From the onset let us abandon any notion that the significance of the non-trivial zeros with respect to Riemann's Zeta Function can be understood in a linear rational manner.
And as their true nature greatly transcends such understanding this directly poses a dilemma for conventional mathematical interpretation (which is formally based on linear reason).
Therefore, as Hilbert rightly suggested, these zeros, when appropriately appreciated, relate to what is truly the greatest secret underlying the nature of the phenomenal - not alone the mathematical - universe, their very nature serves as an entry into the direct experience of ineffable mystery.
Though in fairness, there is now a growing appreciation of the possible physical significance of these zeros, there is little or no realisation yet of their enormous potential psychological implications.
Indeed I have little doubt that in future times the non-trivial zeros will serve an extremely important holistic scientific role in preparing spiritual aspirants to attain a pure state of meditation consistent with maintaining the highest degree of involvement in phenomenal concerns. In this way the zeros will be seen as an invaluable aid in the quest for the fullest expression of life!
Putting it bluntly the present (standard) interpretation of what constitutes Mathematics is of an extremely limited nature.
So in effect we have taken an important special case of linear (1-dimensional) understanding, where qualitative is reduced to quantitative interpretation and misleadingly elevated this as solely synonymous with valid Mathematics.
Nothing however could be further from the truth. In fact a potentially unlimited set of possible alternative interpretations of mathematical relationships exists (each one of which possesses a partial relative validity).
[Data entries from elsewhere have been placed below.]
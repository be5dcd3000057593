-- ===== src/Udp/Server/Clients.antt =====
-- `registerClient`, `removeClient` and `findClientByAddr` of src/network/reliable_udp.cpp.
use zero_latency_yolo.Base.{
  ℕ, ◌≡◌, ◌≢◌, refl, subst, true, List, [], ◌∷◌, none, some, arith, length, ◌==◌, leb,
  if◌then◌else◌, Bool-cases, inl, inr, Option-cases,
}
use zero_latency_yolo.Base.Table.{lookup, insert, Keys, lookup-insert, lookup-erase, lookup-Absent}
use zero_latency_yolo.Protocol.{ClientInfo, server_full}
use zero_latency_yolo.Udp.{Address, ClientConnection, is_same_addr}
use zero_latency_yolo.Udp.Connection.{init_connection}
use zero_latency_yolo.Udp.Server.{
  ReliableUdpServer, success, failure, client_at, find_client_by_addr, register_client,
  remove_client, new_connection, refreshed, has_client,
}

is_same_addr_refl : (a : Address) → is_same_addr a a ≡ true
unfolding is_same_addr
is_same_addr_refl a = ground arith

pub address-new_connection :
    (id : ℕ) (a : Address) (info : ClientInfo) (now : ℕ)
    → (new_connection id a info now).address ≡ a
unfolding new_connection init_connection
address-new_connection id a info now = refl

is_same_addr-new_connection :
    (id : ℕ) (a : Address) (info : ClientInfo) (now : ℕ)
    → is_same_addr (new_connection id a info now).address a ≡ true
is_same_addr-new_connection id a info now =
    rw (address-new_connection id a info now) (is_same_addr_refl a)

is_same_addr-refreshed :
    (a : Address) (c : ClientConnection) (info : ClientInfo) (now : ℕ)
    → is_same_addr c.address a ≡ true
    → is_same_addr (refreshed c info now).address a ≡ true
unfolding refreshed
is_same_addr-refreshed a c info now e = e

-- A client that the search by address finds stands in the table under its id.
pub client_at_lem :
    (a : Address) (m : List (ℕ × ClientConnection)) (id : ℕ) (c : ClientConnection)
    → Keys m
    → client_at a m ≡ some (id, c)
    → (lookup id m ≡ some c) × (is_same_addr c.address a ≡ true)
unfolding client_at lookup
client_at_lem a [] id c h e = cc
client_at_lem a ((j, d) ∷ m) id c h e = elim (Bool-cases (is_same_addr d.address a)) [
  | inl hit ↦
      let same : ◌≡◌ {A = ℕ × ClientConnection} (j, d) (id, c) = ground (arith, hit) in
      subst (λ e. (lookup e.0 ((j, d) ∷ m) ≡ some e.1) × (is_same_addr e.1.address a ≡ true)) same
        (ground arith, hit)
  | inr miss ↦
      let (found, same) = client_at_lem a m id c h.1 (ground (arith, miss)) in
      (ground (arith, found, lookup-Absent j m h.0), same)
]

-- A new entry is found by its address when no other had it.
client_at-insert_new :
    (a : Address) (m : List (ℕ × ClientConnection)) (id : ℕ) (c : ClientConnection)
    → client_at a m ≡ none
    → is_same_addr c.address a ≡ true
    → client_at a (insert id c m) ≡ some (id, c)
unfolding client_at insert
client_at-insert_new a [] id c e same = rw same refl
client_at-insert_new a ((j, d) ∷ m) id c e same = elim (Bool-cases (is_same_addr d.address a)) [
  | inl hit ↦ ground (arith, hit)
  | inr miss ↦
      let rest = client_at-insert_new a m id c (ground (arith, miss)) same in
      ground (arith, rest, miss, same)
]

-- A renewed entry is found by its address.
client_at-insert_known :
    (a : Address) (m : List (ℕ × ClientConnection)) (id : ℕ) (c d : ClientConnection)
    → Keys m
    → client_at a m ≡ some (id, d)
    → is_same_addr c.address a ≡ true
    → client_at a (insert id c m) ≡ some (id, c)
unfolding client_at insert
client_at-insert_known a [] id c d h e same = cc
client_at-insert_known a ((j, b) ∷ m) id c d h e same =
    elim (Bool-cases (is_same_addr b.address a)) [
      | inl hit ↦ ground (arith, hit, same)
      | inr miss ↦
          let later : client_at a m ≡ some (id, d) = ground (arith, miss) in
          let rest = client_at-insert_known a m id c d h.1 later same in
          ground
            (arith, rest, miss, same, (client_at_lem a m id d h.1 later).0, lookup-Absent j m h.0)
    ]

-- A registration that succeeds leaves the client to be found by its address under the id that it
-- returned, where no two clients have the same id.
pub find_client_by_addr-register_client :
    (s : ReliableUdpServer) (a : Address) (info : ClientInfo) (now id : ℕ)
    → Keys s.clients
    → (register_client s a info now).1 ≡ success id
    → find_client_by_addr (register_client s a info now).0 a ≡ some id
unfolding register_client find_client_by_addr
find_client_by_addr-register_client s a info now id h e =
    elim (Bool-cases (leb s.config.max_clients (length s.clients))) [
      | inl full ↦ ground (arith, full)
      | inr room ↦ elim (Option-cases (client_at a s.clients)) [
        | inl fresh ↦
            let made = new_connection s.next_client_id a info now in
            let found =
              client_at-insert_new a s.clients s.next_client_id made fresh
                (is_same_addr-new_connection s.next_client_id a info now) in
            ground (arith, room, fresh, found)
        | inr ((k, c), known) ↦
            let found =
              client_at-insert_known a s.clients k (refreshed c info now) c h known
                (is_same_addr-refreshed a c info now (client_at_lem a s.clients k c h known).1) in
            ground (arith, room, known, found)
      ]
    ]

-- Where a client is known by its address, a further registration from there either finds the server
-- full, or succeeds with the id that the client has.
known_again :
    (s : ReliableUdpServer) (a : Address) (info : ClientInfo) (now id : ℕ)
    → find_client_by_addr s a ≡ some id
    → (register_client s a info now).1
      ≡ (if leb s.config.max_clients (length s.clients) then failure server_full else success id)
unfolding register_client find_client_by_addr
known_again s a info now id e = elim (Option-cases (client_at a s.clients)) [
  | inl fresh ↦ ground (arith, fresh)
  | inr ((k, c), known) ↦ ground (arith, known)
]

-- Where no two clients have the same id, a peer that has registered and registers again gets the id
-- it has, unless the server is full: then even a known peer is refused.
pub register_client_again :
    (s : ReliableUdpServer) (a : Address) (info again : ClientInfo) (now later id : ℕ)
    → Keys s.clients
    → (register_client s a info now).1 ≡ success id
    → let s' = (register_client s a info now).0 in
      (register_client s' a again later).1
      ≡ (if leb s'.config.max_clients (length s'.clients) then failure server_full else success id)
register_client_again s a info again now later id h e =
    known_again (register_client s a info now).0 a again later id
      (find_client_by_addr-register_client s a info now id h e)

-- A registration touches no client but the one whose id it returns, and none if it fails.
pub lookup-register_client :
    (s : ReliableUdpServer) (a : Address) (info : ClientInfo) (now other : ℕ)
    → (register_client s a info now).1 ≢ success other
    → lookup other (register_client s a info now).0.clients ≡ lookup other s.clients
unfolding register_client
lookup-register_client s a info now other n =
    elim (Bool-cases (leb s.config.max_clients (length s.clients))) [
      | inl full ↦ ground (arith, full)
      | inr room ↦ elim (Option-cases (client_at a s.clients)) [
        | inl fresh ↦
            let made = new_connection s.next_client_id a info now in
            ground (arith, room, fresh, lookup-insert s.next_client_id other made s.clients)
        | inr ((k, c), known) ↦
            ground (arith, room, known, lookup-insert k other (refreshed c info now) s.clients)
      ]
    ]

-- Where no two clients have the same id, `removeClient` leaves no client with the given id, whether or
-- not there was one, and leaves every other client as it is.
pub lookup-remove_client :
    (s : ReliableUdpServer) (id other : ℕ)
    → Keys s.clients
    → lookup other (remove_client s id).0.clients
      ≡ (if id == other then none else lookup other s.clients)
unfolding remove_client has_client
lookup-remove_client s id other h = elim (Option-cases (lookup id s.clients)) [
  | inl gone ↦ ground (arith, gone)
  | inr (c, there) ↦ ground (arith, there, lookup-erase id other s.clients h)
]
And in all of these cases both quantitative and qualitative type aspects are related in a dynamically interactive manner.
So properly understand all mathematical activity is of a dynamic relative nature, where quantitative and qualitative aspects of understanding (which are complementary) interact.
Quite simply therefore appropriate interpretation of such activity must also formally recognise that like the blades of a scissors, Mathematics possesses two equally important aspects that are quantitative and qualitative (and qualitative and quantitative) with respect to each other.
Now, when seen from this wider dynamic perspective, there is indeed an especially important limiting case where the focus is placed primarily on quantitative meaning.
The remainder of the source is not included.